**The task**
Nothing but the lines from the one containing "-- of the path that results." through the one containing "let n = h.0 in", both included, should be given again, each exactly as written below.

Records for this task: Begin

-- ===== src/Core/Path/Append.antt =====
-- acatl/filesystem.cpp: the file name of a path to which a name was appended.
use acatl.Base.{
  ℕ, zero, suc, ◌+◌, ◌-◌, ◌<◌, ◌≤◌, ◌≡◌, ◌≢◌, inl, inr, refl, sym, ap, ◌∙◌, subst, true, false,
  ◌&&◌, Bool-cases, Bytes, [], ◌∷◌, ◌++◌, append_assoc, ◌==◌, ==_iff, ltb, length, length-append,
  if◌then◌else◌, bytes_eq, arith,
}
use acatl.Core.Strings.Split.{Lacks}
use acatl.Core.Path.{separator, char_at, drop, back_to, append, filename, last_index}

Lacks-char_at : (d : ℕ) (s : Bytes) (j : ℕ) → 0 < d → Lacks d s → char_at s j ≢ d
Lacks-char_at d [] j pos h = omega arith
Lacks-char_at d (c ∷ cs) zero pos (n, h) = n
Lacks-char_at d (c ∷ cs) (suc j) pos (n, h) = Lacks-char_at d cs j pos h

char_at-append : (xs ys : Bytes) (k j : ℕ) → k ≡ length xs + j → char_at (xs ++ ys) k ≡ char_at ys j
char_at-append [] ys k j e = ap (char_at ys) (omega arith)
char_at-append (x ∷ xs) ys zero j e = absurd (omega arith)
char_at-append (x ∷ xs) ys (suc k) j e = char_at-append xs ys k j (omega arith)

drop-append : (xs : Bytes) (c : ℕ) (ys : Bytes) → drop (suc (length xs)) (xs ++ (c ∷ ys)) ≡ ys
drop-append [] c ys = refl
drop-append (x ∷ xs) c ys = drop-append xs c ys

-- The way back ends at the last index that holds the character.
back_to_lem :
    (c : ℕ) (s : Bytes) (k n m : ℕ)
    → k ≡ n + m
    → char_at s n ≡ c
    → ((j : ℕ) → n < j → j ≤ k → char_at s j ≢ c)
    → back_to c s k ≡ n
unfolding back_to
back_to_lem c s zero n m e here none_behind = omega arith
back_to_lem c s (suc k) n zero e here none_behind =
    let same : n ≡ suc k = omega arith in
    let t : (char_at s (suc k) == c) ≡ true =
      (==_iff (char_at s (suc k)) c).1 (subst (λ x. char_at s x ≡ c) same here) in
    rw t (sym same)
back_to_lem c s (suc k) n (suc m) e here none_behind =
    let other = none_behind (suc k) (omega arith) (omega arith) in
    let f : (char_at s (suc k) == c) ≡ false = ground arith in
    rw f (
      back_to_lem c s k n m (omega arith) here (λ j below above. none_behind j below (omega arith)))

behind_separator :
    (xs name : Bytes) (j : ℕ)
    → Lacks separator name
    → length xs < j
    → char_at (xs ++ (separator ∷ name)) j ≢ separator
behind_separator xs name zero h lt = absurd (omega arith)
behind_separator xs name (suc j) h lt = elim (Bool-cases (ltb (length xs) (suc j))) [
  | inl t ↦ λ e.
      Lacks-char_at separator name (j - length xs) (omega arith) h
        (sym (char_at-append xs (separator ∷ name) (suc j) (suc (j - length xs)) (omega arith)) ∙ e)
  | inr f ↦ absurd (ground arith)
]

last_separator :
    (xs name : Bytes)
    → Lacks separator name
    → back_to separator (xs ++ (separator ∷ name)) (length xs + length name) ≡ length xs
last_separator xs name h =
    back_to_lem separator (xs ++ (separator ∷ name)) (length xs + length name) (length xs)
      (length name) refl (char_at-append xs (separator ∷ name) (length xs) 0 (omega arith))
      (λ j lt le. behind_separator xs name j h lt)

-- The steps of `filename`, on a text with its last index.
filename_lem :
    (s : Bytes) (last i : ℕ)
    → length s ≡ suc last
    → back_to separator s last ≡ i
    → bytes_eq s (separator ∷ []) ≡ false
    → char_at s last ≢ separator
    → char_at s i ≡ separator
    → (i ≡ 1 → char_at s 0 ≢ separator)
    → filename s ≡ drop (suc i) s
unfolding filename
filename_lem [] last i e b r n k h = absurd (omega arith)
filename_lem (c ∷ cs) last i e b r n k h =
    let same : length cs ≡ last = omega arith in
    let back : back_to separator (c ∷ cs) (length cs) ≡ i =
      ap (back_to separator (c ∷ cs)) same ∙ b in
    let not_end : (char_at (c ∷ cs) (length cs) == separator) ≡ false =
      ap (λ x. char_at (c ∷ cs) x == separator) same ∙ (ground arith) in
    let here : (char_at (c ∷ cs) i == separator) ≡ true =
      (==_iff (char_at (c ∷ cs) i) separator).1 k in
    let no_net : (i == 1 && c == separator) ≡ false = ground (arith, h) in
    rw (r, back, not_end, here, no_net) refl

full_Lacks :
    (name : Bytes)
    → Lacks separator name
    → name ≢ []
    → (n : ℕ) → length name ≡ suc n
    → char_at name n ≢ separator
full_Lacks name h full n e = Lacks-char_at separator name n (omega arith) h

long_text : (s : Bytes) → 1 < length s → bytes_eq s (separator ∷ []) ≡ false
unfolding bytes_eq
long_text [] h = absurd (omega arith)
long_text (c ∷ []) h = absurd (omega arith)
long_text (c ∷ d ∷ s) h = ground arith

-- A name behind a separator.
filename_behind :
    (xs : Bytes) (c : ℕ) (name : Bytes)
    → Lacks separator (c ∷ name)
    → xs ≢ separator ∷ []
    → filename (xs ++ (separator ∷ c ∷ name)) ≡ c ∷ name
filename_behind xs c name h apart =
    let s : Bytes = xs ++ (separator ∷ c ∷ name) in
    let e : length s ≡ length xs + suc (suc (length name)) =
      length-append xs (separator ∷ c ∷ name) in
    filename_lem s (length xs + suc (length name)) (length xs) (omega (arith, e))
      (last_separator xs (c ∷ name) h) (long_text s (omega (arith, e)))
      (behind_separator xs (c ∷ name) (length xs + suc (length name)) h (omega arith))
      (char_at-append xs (separator ∷ c ∷ name) (length xs) 0 (omega arith)) (one_apart xs apart)
    ∙ drop-append xs separator (c ∷ name)
  where
    one_apart :
        (xs : Bytes)
        → xs ≢ separator ∷ []
        → length xs ≡ 1
        → char_at (xs ++ (separator ∷ c ∷ name)) 0 ≢ separator
    one_apart [] apart e = absurd (omega arith)
    one_apart (x ∷ []) apart e = λ same. apart (ap (λ y. y ∷ []) same)
    one_apart (x ∷ y ∷ xs) apart e = absurd (omega arith)

-- A name alone.
back_to_none : (c : ℕ) (s : Bytes) (k : ℕ) → ((j : ℕ) → char_at s j ≢ c) → back_to c s k ≡ 0
unfolding back_to
back_to_none c s zero h = refl
back_to_none c s (suc k) h =
    let n = h (suc k) in
    let f : (char_at s (suc k) == c) ≡ false = ground arith in rw f (back_to_none c s k h)

filename_alone :
    (c : ℕ) (name : Bytes) → Lacks separator (c ∷ name) → filename (c ∷ name) ≡ c ∷ name
unfolding filename bytes_eq
filename_alone c name (n, h) =
    let none_at : (j : ℕ) → char_at (c ∷ name) j ≢ separator =
      λ j. Lacks-char_at separator (c ∷ name) j (omega arith) (n, h) in
    let last = none_at (length name) in
    let f : (c == separator) ≡ false = ground arith in
    let g : (char_at (c ∷ name) (length name) == separator) ≡ false = ground arith in
    rw (back_to_none separator (c ∷ name) (length name) none_at, f, g) refl

-- A directory that ends in a separator, less that separator.
ends_lem :
    (dir : Bytes) (k : ℕ)
    → length dir ≡ suc k
    → char_at dir k ≡ separator
    → (xs : Bytes) × (dir ≡ xs ++ (separator ∷ []))
ends_lem [] k e h = absurd (omega arith)
ends_lem (c ∷ []) zero e h = ([], ap (λ x. x ∷ []) h)
ends_lem (c ∷ []) (suc k) e h = absurd (omega arith)
ends_lem (c ∷ d ∷ ds) zero e h = absurd (omega arith)
ends_lem (c ∷ d ∷ ds) (suc k) e h =
    let (xs, f) = ends_lem (d ∷ ds) k (omega arith) h in (c ∷ xs, ap (λ x. c ∷ x) f)

append_full :
    (dir : Bytes) (c : ℕ) (name : Bytes)
    → dir ≢ []
    → (c == separator) ≡ false
    → append dir (c ∷ name) ≡ (
        if char_at dir (last_index dir) == separator
        then dir ++ (c ∷ name)
        else dir ++ (separator ∷ c ∷ name))
unfolding append
append_full [] c name h f = absurd (h refl)
append_full (d ∷ ds) c name h f = ground arith

-- A name that is not empty and holds no separator is, appended to any path but `//`, the file name
-- of the path that results.
pub filename-append :
    (dir name : Bytes)
    → Lacks separator name
    → name ≢ []
    → dir ≢ separator ∷ separator ∷ []
    → filename (append dir name) ≡ name
filename-append dir [] h full net = absurd (full refl)
filename-append [] (c ∷ name) h full net = unfold append in filename_alone c name h
filename-append (d ∷ ds) (c ∷ name) h full net =
    let n = h.0 in
    let f : (c == separator) ≡ false = ground arith in
    let dir : Bytes = d ∷ ds in
    let some_dir : dir ≢ [] = λ e. cc in
    ap filename (append_full dir c name some_dir f)
    ∙ elim (Bool-cases (char_at dir (last_index dir) == separator)) [
      | inl t ↦
          let (xs, e) =
            ends_lem dir (last_index dir) (omega arith)
              ((==_iff (char_at dir (last_index dir)) separator).0 t) in
          rw t (
            ap (λ x. filename (x ++ (c ∷ name))) e
            ∙ ap filename (append_assoc xs (separator ∷ []) (c ∷ name))
            ∙ filename_behind xs c name h (λ same. net (e ∙ ap (λ x. x ++ (separator ∷ [])) same)))
      | inr k ↦ rw k (filename_behind dir c name h (λ same. apart_lem dir same k))
    ]
  where
    apart_lem :
        (dir : Bytes)
        → dir ≡ separator ∷ []
        → (char_at dir (last_index dir) == separator) ≡ false
        → ⊥
    apart_lem dir same k =
        let bad : true ≡ false = sym (ap (λ x. char_at x (last_index x) == separator) same) ∙ k in
        cc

Records for this task: End

**The answer**
-- of the path that results.
pub filename-append :
    (dir name : Bytes)
    → Lacks separator name
    → name ≢ []
    → dir ≢ separator ∷ separator ∷ []
    → filename (append dir name) ≡ name
filename-append dir [] h full net = absurd (full refl)
filename-append [] (c ∷ name) h full net = unfold append in filename_alone c name h
filename-append (d ∷ ds) (c ∷ name) h full net =
    let n = h.0 in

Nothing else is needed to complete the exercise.